Foy delivers the thesis statement, which doubles as a sharp rebuke to the two miseries dwelling in Montecito: ‘Monarchy is something you are, not what you do… If you step down, you will be symbolizing instability and impermanence. You’ll also be indicating the luxury of choice, which is the one thing we cannot have if we claim the crown is also our birthright.’

Boom!

Harry’s self-imposed failings are contrasted with William’s rising seriousness, Charles’s happy ending, and the Queen’s reckoning with her own mortality and a strange temptation to abdicate (a total fabrication).

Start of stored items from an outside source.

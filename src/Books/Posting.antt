-- ===== src/Books/Posting.antt =====
-- The transaction that a movement posts, and its entries: what validateLedgerEntryMath and the checks
-- on transactions of internal/usecase/reconciliation.go look for.
use go_hermes.Base.{
  none, List, [], ◌∷◌, ◌++◌, ◌≡◌, ◌≢◌, ◌⊎◌, inl, refl, sym, ap, ◌∙◌, subst, arith, All, ==_refl,
}
use go_hermes.Base.Int.{ℤ, pos, negsuc, ◌≤ℤ◌, eq_ℤ_refl, ◌+ℤ◌, ◌-ℤ◌}
use go_hermes.Base.Int64.{IsInt64, add64, sub64, wrap64}
use go_hermes.Entity.{
  Uuid, Time, Wallet, Transaction, TransactionType, LedgerEntry, LedgerEntryType,
}
use go_hermes.Reconciliation.Check.Transactions.{
  validate_top_up_transaction, validate_transfer_transaction,
}
use go_hermes.Reconciliation.Check.Transactions.Accepted.{validate_transfer_transaction_iff}
use go_hermes.Reconciliation.Entry.{check_math, validate_ledger_entry_math}
use go_hermes.Store.View.{View}
use go_hermes.TransactionUsecase.Common.{Draws, Outcome}
use go_hermes.TransactionUsecase.TopUp.{top_up_transaction, top_up_entry}
use go_hermes.TransactionUsecase.TopUp.Effect as TopUpEffect
use go_hermes.TransactionUsecase.Transfer.{transfer_transaction, debit_entry, credit_entry}
use go_hermes.TransactionUsecase.Transfer.Effect as TransferEffect
use go_hermes.Types.{TopUpRequest, TransferRequest}
use go_hermes.UuidLib.{UuidLib}
use go_hermes.Webhook.Create.Effect.{deliver-transactions, deliver-ledger}

sub64-add64 : (a b : ℤ) → IsInt64 a → sub64 (add64 b a) b ≡ a
unfolding add64 sub64 wrap64 ◌+ℤ◌ ◌-ℤ◌
sub64-add64 (pos n) (pos m) h = ground arith
sub64-add64 (pos n) (negsuc m) h = ground arith
sub64-add64 (negsuc n) (pos m) h = ground arith
sub64-add64 (negsuc n) (negsuc m) h = ground arith

sub64_back : (a b : ℤ) → IsInt64 a → sub64 b (sub64 b a) ≡ a
unfolding add64 sub64 wrap64 ◌+ℤ◌ ◌-ℤ◌
sub64_back (pos n) (pos m) h = ground arith
sub64_back (pos n) (negsuc m) h = ground arith
sub64_back (negsuc n) (pos m) h = ground arith
sub64_back (negsuc n) (negsuc m) h = ground arith

credit-math :
    (before amount : ℤ)
    → IsInt64 amount
    → pos 1 ≤ℤ amount
    → check_math LedgerEntryType.credit before (add64 before amount) amount ≡ none
credit-math before amount range positive =
    rw (sub64-add64 amount before range) (ground (arith, eq_ℤ_refl amount))

debit-math :
    (before amount : ℤ)
    → IsInt64 amount
    → pos 1 ≤ℤ amount
    → check_math LedgerEntryType.debit before (sub64 before amount) amount ≡ none
debit-math before amount range positive =
    rw (sub64_back amount before range) (ground (arith, eq_ℤ_refl amount))

module _ (u : UuidLib) where
  -- The check that belongs to a transaction's type finds nothing.
  abbrev pub Passes : TransactionType → Transaction → List LedgerEntry → Type 0
  Passes TransactionType.top_up x es = validate_top_up_transaction u x es ≡ []
  Passes TransactionType.transfer x es = validate_transfer_transaction u x es ≡ []
  Passes (TransactionType.other s) x es = ⊥

  -- A new transaction with its entries.
  pub record Posting (v v' : View) : Type 0 where
    pub row : Transaction
    pub entries : List LedgerEntry
    pub transactions : v'.transactions ≡ v.transactions ++ row ∷ []
    pub ledger : v'.ledger ≡ v.ledger ++ entries
    pub own : All (λ e. e.transaction_id ≡ row.id) entries
    pub passes : Passes row.type row entries
    pub math : All (λ e. validate_ledger_entry_math e ≡ none) entries

  abbrev pub Posts : View → View → Type 0
  Posts v v' = ((v'.transactions ≡ v.transactions) × (v'.ledger ≡ v.ledger)) ⊎ Posting v v'

  -- The rows as the database stamps them.
  abbrev stamped : Transaction → Time → Time → Transaction
  stamped x created updated = record x { created_at = created; updated_at = updated }

  top_up-passes :
      (req : TopUpRequest) (d : Draws) (user_id : Uuid) (w : Wallet) (row : Transaction)
      (m n : Time)
      → validate_top_up_transaction u
          (stamped (top_up_transaction req user_id d w) m n)
          (top_up_entry req d row w ∷ [])
        ≡ []
  unfolding validate_top_up_transaction top_up_transaction top_up_entry
  top_up-passes req d user_id w row m n = ground (arith, ==_refl w.id, eq_ℤ_refl req.amount)

  transfer-passes :
      (req : TransferRequest) (d : Draws) (user_id : Uuid) (a b : Wallet) (row : Transaction)
      (m n : Time)
      → a.id ≢ b.id
      → validate_transfer_transaction u
          (stamped (transfer_transaction req user_id d a b) m n)
          (debit_entry req d row a ∷ credit_entry req d row b ∷ [])
        ≡ []
  unfolding transfer_transaction debit_entry credit_entry
  transfer-passes req d user_id a b row m n differ = (validate_transfer_transaction_iff u _ _).1 (
    a.id,
    b.id,
    debit_entry req d row a,
    credit_entry req d row b,
    refl,
    refl,
    differ,
    (refl, refl, refl),
    (refl, refl, refl),
    inl refl,
  )

  pub top_up-Posting :
      (req : TopUpRequest) (d : Draws) (user_id : Uuid) (w : Wallet) (v v' : View) (out : Outcome)
      → TopUpEffect.Written u req d user_id w v v' out
      → IsInt64 req.amount
      → pos 1 ≤ℤ req.amount
      → Posting v v'
  unfolding top_up_transaction top_up_entry validate_ledger_entry_math
  top_up-Posting req d user_id w v v' out f range positive = record {
    row = f.row;
    entries = top_up_entry req d f.row w ∷ [];
    transactions = ap (λ k. k.transactions) f.tables ∙ deliver-transactions _ f.delivery;
    ledger = ap (λ k. k.ledger) f.tables ∙ deliver-ledger _ f.delivery;
    own = (refl, tt);
    passes =
        subst (λ k. Passes k.type k (top_up_entry req d f.row w ∷ [])) (sym f.row_same)
          (top_up-passes req d user_id w f.row f.row.created_at f.row.updated_at);
    math = (credit-math w.balance req.amount range positive, tt);
  }

  pub transfer-Posting :
      (req : TransferRequest) (d : Draws) (user_id : Uuid) (a b : Wallet) (v v' : View)
      (out : Outcome)
      → TransferEffect.Written u req d user_id a b v v' out
      → IsInt64 req.amount
      → pos 1 ≤ℤ req.amount
      → a.id ≢ b.id
      → Posting v v'
  unfolding transfer_transaction debit_entry credit_entry validate_ledger_entry_math
  transfer-Posting req d user_id a b v v' out f range positive differ = record {
    row = f.row;
    entries = debit_entry req d f.row a ∷ credit_entry req d f.row b ∷ [];
    transactions = ap (λ k. k.transactions) f.tables ∙ deliver-transactions _ f.delivery;
    ledger = ap (λ k. k.ledger) f.tables ∙ deliver-ledger _ f.delivery;
    own = (refl, (refl, tt));
    passes =
        subst (λ k. Passes k.type k (debit_entry req d f.row a ∷ credit_entry req d f.row b ∷ []))
          (sym f.row_same)
          (transfer-passes req d user_id a b f.row f.row.created_at f.row.updated_at differ);
    math = (
      debit-math a.balance req.amount range positive,
      (credit-math b.balance req.amount range positive, tt),
    );
  }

In one of our last moments with William and Harry, the younger brother offers a dire foreshadowing. As they sit alone outside, at night, Harry tells his brother the story of King William the II — details changed and invented by Morgan for dramatic effect.

‘He was assassinated by his own brother’, Harry says.

William: ‘Was he’?

Harry: ‘Who, would you believe, was also named Prince Henry. He had William killed in a shooting accident, then galloped off… to claim the throne for himself. Don’t worry mate — I wouldn’t do that to you’.

It’s a poetic, perfect parting shot at Harry: ‘The Crown’ may be over, but the world knows exactly who’s come out on top in this fratricidal war of words.

Spare, indeed.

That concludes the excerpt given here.